[[ Data, beginning ]]

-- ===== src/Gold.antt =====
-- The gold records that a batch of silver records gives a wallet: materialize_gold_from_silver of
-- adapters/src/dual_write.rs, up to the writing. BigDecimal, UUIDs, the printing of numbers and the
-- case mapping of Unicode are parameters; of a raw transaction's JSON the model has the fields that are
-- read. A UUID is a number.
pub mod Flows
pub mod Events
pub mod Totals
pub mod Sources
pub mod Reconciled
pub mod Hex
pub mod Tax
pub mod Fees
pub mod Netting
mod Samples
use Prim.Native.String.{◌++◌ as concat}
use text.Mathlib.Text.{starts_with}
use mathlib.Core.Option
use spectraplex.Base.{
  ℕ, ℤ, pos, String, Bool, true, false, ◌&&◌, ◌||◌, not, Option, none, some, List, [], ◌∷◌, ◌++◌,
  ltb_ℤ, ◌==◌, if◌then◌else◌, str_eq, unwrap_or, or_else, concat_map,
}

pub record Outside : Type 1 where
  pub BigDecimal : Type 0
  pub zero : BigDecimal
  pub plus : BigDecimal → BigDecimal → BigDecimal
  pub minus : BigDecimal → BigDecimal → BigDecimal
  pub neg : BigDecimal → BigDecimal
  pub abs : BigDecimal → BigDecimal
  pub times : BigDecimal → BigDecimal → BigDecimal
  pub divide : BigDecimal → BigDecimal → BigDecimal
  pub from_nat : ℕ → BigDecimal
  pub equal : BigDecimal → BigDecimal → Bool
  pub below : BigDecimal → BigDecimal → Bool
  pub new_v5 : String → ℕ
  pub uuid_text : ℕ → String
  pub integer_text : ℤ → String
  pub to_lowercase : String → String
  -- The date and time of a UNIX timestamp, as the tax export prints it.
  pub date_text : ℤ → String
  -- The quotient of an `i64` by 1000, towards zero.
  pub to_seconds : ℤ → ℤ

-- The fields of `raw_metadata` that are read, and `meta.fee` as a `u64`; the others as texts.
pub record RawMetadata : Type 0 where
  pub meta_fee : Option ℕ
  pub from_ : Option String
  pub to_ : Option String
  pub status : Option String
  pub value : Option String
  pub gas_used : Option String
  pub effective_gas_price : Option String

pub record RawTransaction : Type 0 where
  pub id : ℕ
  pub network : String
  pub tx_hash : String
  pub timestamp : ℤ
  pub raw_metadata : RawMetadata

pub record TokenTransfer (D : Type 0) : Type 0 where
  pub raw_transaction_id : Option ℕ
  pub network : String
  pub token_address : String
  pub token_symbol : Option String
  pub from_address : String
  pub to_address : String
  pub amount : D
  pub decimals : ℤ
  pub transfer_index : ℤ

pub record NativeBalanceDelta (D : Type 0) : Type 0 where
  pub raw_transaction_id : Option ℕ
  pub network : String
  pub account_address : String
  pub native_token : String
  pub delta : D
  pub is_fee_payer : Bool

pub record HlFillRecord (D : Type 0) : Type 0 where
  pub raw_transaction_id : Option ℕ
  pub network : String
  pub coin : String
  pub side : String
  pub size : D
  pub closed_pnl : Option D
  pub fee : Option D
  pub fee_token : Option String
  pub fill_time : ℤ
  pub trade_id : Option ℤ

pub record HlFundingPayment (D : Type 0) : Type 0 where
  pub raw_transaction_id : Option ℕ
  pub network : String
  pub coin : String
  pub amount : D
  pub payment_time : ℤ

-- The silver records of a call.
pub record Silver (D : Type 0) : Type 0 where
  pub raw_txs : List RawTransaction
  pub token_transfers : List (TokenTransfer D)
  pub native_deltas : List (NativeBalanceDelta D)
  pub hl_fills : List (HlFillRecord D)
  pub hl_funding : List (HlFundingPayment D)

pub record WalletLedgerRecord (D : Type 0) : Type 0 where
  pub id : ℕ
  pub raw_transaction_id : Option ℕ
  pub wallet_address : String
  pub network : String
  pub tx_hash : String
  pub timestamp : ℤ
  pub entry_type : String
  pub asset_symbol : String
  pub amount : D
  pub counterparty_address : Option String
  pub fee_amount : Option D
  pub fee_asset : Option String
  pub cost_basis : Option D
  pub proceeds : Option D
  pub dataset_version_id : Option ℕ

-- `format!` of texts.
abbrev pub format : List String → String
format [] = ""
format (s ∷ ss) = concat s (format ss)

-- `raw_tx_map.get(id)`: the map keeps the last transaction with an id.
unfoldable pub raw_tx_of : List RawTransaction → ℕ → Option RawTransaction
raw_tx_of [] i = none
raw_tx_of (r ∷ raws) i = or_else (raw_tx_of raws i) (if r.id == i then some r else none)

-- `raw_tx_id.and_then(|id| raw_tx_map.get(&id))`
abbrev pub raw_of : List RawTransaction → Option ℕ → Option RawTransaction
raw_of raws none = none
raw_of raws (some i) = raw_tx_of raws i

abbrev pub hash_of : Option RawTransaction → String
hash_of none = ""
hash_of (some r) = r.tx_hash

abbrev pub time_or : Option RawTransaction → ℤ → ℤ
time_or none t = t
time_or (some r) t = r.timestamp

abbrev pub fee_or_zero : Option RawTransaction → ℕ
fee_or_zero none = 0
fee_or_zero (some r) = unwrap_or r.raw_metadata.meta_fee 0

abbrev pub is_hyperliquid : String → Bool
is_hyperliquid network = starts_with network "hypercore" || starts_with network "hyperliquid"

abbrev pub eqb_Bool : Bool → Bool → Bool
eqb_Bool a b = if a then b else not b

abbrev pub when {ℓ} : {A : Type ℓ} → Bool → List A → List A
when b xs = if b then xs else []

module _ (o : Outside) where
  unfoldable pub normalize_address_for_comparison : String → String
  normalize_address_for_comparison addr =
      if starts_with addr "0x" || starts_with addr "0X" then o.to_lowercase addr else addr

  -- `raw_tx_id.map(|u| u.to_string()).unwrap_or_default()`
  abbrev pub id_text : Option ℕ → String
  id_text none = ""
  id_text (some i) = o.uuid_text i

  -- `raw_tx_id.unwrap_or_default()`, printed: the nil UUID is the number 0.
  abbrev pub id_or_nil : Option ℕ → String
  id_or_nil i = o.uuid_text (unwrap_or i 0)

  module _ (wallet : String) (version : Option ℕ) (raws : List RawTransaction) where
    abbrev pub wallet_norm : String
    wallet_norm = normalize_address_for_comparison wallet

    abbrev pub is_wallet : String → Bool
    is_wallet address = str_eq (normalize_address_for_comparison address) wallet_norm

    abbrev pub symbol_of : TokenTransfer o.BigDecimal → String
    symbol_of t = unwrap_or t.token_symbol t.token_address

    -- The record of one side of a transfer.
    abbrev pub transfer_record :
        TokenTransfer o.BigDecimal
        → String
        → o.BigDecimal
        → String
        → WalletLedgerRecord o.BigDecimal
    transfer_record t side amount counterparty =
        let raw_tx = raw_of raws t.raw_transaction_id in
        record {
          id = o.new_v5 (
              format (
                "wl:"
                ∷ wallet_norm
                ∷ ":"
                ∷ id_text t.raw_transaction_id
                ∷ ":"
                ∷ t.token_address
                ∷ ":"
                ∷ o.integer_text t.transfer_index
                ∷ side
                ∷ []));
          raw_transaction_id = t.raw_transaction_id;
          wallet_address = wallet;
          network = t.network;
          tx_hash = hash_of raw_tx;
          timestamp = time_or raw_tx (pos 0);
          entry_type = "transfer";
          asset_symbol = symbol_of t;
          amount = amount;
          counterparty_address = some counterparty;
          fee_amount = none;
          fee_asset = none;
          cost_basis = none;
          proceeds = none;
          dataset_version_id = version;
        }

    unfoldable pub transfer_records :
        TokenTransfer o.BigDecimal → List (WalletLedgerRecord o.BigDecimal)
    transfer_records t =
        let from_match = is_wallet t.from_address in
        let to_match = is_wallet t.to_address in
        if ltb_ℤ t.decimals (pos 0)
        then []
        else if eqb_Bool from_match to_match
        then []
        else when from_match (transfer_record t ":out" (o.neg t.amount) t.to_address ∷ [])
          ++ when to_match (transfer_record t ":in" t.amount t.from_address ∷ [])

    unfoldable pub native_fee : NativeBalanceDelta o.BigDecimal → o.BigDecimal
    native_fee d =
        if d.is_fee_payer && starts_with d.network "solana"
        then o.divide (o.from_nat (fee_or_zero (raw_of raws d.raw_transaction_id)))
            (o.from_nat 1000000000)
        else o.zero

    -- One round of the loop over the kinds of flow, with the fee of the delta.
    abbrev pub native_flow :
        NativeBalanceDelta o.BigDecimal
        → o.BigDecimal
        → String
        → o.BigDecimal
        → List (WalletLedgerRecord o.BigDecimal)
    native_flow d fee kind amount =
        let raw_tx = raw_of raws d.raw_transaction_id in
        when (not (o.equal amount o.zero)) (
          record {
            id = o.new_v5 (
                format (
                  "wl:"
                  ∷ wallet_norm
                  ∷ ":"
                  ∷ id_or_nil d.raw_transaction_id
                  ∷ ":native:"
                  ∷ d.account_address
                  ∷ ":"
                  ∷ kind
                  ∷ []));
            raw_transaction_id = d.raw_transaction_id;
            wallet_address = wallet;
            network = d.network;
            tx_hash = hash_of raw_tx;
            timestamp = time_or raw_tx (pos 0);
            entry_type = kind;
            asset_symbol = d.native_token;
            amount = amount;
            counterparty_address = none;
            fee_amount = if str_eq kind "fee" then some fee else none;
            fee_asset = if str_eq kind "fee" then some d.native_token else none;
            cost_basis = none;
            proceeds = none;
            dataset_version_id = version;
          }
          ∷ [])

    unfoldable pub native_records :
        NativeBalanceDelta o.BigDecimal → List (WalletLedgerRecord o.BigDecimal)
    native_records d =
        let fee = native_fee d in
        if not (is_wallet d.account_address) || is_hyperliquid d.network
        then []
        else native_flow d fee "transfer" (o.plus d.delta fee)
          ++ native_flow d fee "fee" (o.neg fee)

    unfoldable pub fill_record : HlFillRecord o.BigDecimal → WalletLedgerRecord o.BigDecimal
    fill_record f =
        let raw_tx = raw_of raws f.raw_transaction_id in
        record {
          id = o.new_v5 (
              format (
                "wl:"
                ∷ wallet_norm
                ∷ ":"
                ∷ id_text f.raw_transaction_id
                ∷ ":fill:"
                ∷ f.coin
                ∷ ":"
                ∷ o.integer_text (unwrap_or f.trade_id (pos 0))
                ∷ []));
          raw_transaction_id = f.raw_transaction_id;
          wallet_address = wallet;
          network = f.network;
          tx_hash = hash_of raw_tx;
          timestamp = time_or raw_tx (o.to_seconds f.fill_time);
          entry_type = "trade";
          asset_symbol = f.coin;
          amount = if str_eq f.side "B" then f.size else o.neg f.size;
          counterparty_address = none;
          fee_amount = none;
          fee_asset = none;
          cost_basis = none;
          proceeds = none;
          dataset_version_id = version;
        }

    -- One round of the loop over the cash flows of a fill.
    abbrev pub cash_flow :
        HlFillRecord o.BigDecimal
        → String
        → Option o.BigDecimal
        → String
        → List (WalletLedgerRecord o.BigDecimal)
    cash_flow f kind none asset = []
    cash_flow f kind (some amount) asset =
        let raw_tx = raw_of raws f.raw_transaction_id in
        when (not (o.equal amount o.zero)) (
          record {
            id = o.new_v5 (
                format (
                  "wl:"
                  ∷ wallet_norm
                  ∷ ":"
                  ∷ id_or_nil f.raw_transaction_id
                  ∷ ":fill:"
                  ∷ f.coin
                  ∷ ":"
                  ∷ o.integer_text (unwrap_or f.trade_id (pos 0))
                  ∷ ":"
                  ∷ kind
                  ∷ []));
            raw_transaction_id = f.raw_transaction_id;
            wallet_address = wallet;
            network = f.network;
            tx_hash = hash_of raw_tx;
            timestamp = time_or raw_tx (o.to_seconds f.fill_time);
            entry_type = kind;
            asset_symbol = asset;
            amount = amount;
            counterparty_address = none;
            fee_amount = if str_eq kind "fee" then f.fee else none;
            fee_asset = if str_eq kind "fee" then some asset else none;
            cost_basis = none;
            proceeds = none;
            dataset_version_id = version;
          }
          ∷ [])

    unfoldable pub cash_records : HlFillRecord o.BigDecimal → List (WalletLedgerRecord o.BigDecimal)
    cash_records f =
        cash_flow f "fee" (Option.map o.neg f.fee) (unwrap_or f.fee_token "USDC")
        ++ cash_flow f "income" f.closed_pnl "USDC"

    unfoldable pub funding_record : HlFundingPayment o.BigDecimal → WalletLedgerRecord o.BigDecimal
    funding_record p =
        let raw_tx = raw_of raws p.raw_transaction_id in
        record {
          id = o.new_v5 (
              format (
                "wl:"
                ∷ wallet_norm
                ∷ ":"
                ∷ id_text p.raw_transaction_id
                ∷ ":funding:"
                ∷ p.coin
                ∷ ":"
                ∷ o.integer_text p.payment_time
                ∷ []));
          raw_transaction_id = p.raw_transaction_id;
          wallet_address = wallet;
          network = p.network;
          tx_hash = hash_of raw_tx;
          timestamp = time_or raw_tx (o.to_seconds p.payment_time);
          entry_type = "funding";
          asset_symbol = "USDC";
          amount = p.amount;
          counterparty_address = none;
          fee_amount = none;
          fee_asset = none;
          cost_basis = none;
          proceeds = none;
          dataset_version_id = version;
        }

[[ Data, end ]]

To do: Which of the lines in the material above contain "raws"? Copy each one out.

Answer box:
raw_tx_of (r ∷ raws) i = or_else (raw_tx_of raws i) (if r.id == i then some r else none)
raw_of raws none = none
raw_of raws (some i) = raw_tx_of raws i
  module _ (wallet : String) (version : Option ℕ) (raws : List RawTransaction) where
        let raw_tx = raw_of raws t.raw_transaction_id in
        then o.divide (o.from_nat (fee_or_zero (raw_of raws d.raw_transaction_id)))
        let raw_tx = raw_of raws d.raw_transaction_id in
        let raw_tx = raw_of raws f.raw_transaction_id in
        let raw_tx = raw_of raws f.raw_transaction_id in
        let raw_tx = raw_of raws p.raw_transaction_id in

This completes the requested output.